◆ Task to complete
In the records below, the line with "abbrev pub after_health" opens the range and the line with "observe now = check_health" closes it; print that range exactly and nothing else.
[[ Exercise data, beginning ]]
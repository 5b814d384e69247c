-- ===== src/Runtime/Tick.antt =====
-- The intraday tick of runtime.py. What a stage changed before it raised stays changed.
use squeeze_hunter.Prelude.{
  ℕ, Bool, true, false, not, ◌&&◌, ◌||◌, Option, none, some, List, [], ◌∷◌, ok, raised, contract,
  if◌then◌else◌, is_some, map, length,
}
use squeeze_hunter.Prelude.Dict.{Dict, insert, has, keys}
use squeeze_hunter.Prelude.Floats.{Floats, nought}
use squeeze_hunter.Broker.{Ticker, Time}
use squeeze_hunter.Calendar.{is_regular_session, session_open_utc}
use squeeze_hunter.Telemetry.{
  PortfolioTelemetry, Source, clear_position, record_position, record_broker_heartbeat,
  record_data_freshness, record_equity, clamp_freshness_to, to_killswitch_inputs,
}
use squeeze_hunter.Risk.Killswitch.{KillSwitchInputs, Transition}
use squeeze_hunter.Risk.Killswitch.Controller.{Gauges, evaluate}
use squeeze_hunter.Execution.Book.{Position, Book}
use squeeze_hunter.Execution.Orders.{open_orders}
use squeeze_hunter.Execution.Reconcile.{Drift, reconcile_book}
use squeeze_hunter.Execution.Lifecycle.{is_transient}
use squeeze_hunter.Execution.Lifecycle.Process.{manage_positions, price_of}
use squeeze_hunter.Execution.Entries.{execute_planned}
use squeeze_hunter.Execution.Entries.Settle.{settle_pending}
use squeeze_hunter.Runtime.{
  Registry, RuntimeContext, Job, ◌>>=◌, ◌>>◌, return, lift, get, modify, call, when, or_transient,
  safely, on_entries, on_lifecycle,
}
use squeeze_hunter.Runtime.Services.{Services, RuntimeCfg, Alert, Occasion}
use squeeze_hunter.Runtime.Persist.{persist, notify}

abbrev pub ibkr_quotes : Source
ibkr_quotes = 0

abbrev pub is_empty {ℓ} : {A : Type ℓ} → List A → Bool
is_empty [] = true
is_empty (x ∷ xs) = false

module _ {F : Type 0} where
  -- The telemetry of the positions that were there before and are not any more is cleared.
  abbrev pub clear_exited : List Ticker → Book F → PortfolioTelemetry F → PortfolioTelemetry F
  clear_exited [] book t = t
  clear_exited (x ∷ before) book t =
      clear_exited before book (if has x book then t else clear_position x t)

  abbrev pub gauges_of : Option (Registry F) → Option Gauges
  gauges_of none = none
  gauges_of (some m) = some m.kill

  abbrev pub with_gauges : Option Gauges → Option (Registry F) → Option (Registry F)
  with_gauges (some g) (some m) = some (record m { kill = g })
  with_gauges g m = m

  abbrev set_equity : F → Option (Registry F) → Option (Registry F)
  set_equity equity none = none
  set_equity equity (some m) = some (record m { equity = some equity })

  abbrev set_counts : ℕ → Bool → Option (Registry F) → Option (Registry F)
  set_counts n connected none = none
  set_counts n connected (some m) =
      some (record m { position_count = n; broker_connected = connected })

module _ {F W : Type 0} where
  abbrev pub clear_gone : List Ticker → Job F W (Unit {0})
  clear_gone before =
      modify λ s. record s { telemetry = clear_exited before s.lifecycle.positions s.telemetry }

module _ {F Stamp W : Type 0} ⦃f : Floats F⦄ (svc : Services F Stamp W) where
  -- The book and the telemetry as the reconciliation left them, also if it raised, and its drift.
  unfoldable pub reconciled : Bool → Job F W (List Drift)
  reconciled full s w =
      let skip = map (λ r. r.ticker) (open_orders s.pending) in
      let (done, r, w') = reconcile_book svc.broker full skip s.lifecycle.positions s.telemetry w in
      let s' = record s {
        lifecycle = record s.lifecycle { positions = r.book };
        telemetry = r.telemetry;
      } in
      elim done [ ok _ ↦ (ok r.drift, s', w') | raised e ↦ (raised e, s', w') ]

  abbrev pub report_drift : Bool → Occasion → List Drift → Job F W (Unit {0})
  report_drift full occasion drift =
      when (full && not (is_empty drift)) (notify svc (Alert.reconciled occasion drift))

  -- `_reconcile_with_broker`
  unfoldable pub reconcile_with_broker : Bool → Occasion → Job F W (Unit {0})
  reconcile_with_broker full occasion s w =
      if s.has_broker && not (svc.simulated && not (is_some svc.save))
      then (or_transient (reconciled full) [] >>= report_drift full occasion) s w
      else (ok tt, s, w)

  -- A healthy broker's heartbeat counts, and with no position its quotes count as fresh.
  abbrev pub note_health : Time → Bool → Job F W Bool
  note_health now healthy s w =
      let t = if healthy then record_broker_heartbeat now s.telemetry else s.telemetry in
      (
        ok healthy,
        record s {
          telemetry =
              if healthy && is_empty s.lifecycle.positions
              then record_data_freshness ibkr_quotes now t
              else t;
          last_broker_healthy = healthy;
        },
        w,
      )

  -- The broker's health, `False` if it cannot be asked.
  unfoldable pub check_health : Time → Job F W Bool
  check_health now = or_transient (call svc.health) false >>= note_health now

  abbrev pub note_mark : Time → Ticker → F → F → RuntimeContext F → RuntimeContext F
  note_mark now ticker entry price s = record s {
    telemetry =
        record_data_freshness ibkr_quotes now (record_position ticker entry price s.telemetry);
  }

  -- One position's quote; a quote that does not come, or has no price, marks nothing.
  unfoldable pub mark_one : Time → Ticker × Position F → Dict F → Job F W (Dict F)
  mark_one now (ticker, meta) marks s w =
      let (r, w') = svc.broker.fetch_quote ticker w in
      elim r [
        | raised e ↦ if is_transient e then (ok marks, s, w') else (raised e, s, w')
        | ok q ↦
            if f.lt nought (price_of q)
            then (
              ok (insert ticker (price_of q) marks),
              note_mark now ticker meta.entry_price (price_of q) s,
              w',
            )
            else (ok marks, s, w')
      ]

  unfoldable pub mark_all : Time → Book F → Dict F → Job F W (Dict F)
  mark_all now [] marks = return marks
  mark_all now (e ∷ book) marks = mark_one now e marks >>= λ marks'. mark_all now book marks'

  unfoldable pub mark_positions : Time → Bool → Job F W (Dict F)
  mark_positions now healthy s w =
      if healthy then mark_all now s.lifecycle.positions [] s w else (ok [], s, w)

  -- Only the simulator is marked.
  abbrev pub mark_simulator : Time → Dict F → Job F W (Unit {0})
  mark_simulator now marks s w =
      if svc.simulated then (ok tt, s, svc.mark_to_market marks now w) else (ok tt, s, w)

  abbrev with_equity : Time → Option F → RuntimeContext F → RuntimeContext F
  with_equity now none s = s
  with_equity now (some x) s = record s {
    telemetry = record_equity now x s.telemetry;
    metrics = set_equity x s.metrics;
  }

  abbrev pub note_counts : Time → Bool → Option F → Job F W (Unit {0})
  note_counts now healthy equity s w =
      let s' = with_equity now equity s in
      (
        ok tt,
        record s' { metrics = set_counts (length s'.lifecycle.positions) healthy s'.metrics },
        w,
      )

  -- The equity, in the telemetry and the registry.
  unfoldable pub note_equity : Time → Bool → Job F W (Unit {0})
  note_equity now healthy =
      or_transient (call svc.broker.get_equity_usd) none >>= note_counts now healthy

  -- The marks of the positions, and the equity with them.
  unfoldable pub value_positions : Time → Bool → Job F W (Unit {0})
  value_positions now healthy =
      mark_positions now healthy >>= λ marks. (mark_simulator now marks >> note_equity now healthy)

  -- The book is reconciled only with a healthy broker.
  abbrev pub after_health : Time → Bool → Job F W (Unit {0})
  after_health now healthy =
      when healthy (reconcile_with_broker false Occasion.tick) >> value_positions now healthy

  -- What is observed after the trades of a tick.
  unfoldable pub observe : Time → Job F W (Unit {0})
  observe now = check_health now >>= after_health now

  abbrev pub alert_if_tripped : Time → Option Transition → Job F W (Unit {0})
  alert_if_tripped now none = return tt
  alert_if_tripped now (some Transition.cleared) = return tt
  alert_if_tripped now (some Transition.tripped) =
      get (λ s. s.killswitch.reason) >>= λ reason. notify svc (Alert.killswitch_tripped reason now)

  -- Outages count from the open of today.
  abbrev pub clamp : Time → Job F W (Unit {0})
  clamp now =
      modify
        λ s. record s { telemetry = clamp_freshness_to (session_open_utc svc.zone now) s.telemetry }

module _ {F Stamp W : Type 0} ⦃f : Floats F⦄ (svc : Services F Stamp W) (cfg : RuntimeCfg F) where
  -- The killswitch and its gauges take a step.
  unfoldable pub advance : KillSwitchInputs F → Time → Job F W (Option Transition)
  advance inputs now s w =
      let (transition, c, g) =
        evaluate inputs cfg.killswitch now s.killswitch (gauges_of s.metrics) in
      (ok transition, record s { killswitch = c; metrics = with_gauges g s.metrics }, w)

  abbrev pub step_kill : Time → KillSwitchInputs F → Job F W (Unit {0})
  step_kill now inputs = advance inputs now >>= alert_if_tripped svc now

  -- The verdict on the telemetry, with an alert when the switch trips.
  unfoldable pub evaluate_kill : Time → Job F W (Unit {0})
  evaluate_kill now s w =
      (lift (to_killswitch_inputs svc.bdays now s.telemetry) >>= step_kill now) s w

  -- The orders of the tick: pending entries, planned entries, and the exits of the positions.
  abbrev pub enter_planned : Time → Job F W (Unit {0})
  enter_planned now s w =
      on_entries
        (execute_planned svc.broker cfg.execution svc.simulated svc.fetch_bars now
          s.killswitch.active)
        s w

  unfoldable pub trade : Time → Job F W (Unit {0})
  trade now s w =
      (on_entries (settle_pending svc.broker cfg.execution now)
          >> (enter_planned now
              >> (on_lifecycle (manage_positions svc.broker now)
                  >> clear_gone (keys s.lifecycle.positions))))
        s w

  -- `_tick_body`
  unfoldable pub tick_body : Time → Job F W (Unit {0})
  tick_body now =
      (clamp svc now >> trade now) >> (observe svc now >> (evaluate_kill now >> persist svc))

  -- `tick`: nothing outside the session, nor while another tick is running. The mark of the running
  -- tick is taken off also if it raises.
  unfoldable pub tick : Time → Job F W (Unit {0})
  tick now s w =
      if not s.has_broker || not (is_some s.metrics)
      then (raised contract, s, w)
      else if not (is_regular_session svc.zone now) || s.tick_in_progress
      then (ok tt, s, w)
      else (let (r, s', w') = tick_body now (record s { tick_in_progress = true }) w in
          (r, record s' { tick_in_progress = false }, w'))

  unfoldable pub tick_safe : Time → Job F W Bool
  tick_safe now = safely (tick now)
[[ Exercise data, end ]]
◆ Solution to this task
  abbrev pub after_health : Time → Bool → Job F W (Unit {0})
  after_health now healthy =
      when healthy (reconcile_with_broker false Occasion.tick) >> value_positions now healthy

  -- What is observed after the trades of a tick.
  unfoldable pub observe : Time → Job F W (Unit {0})
  observe now = check_health now >>= after_health now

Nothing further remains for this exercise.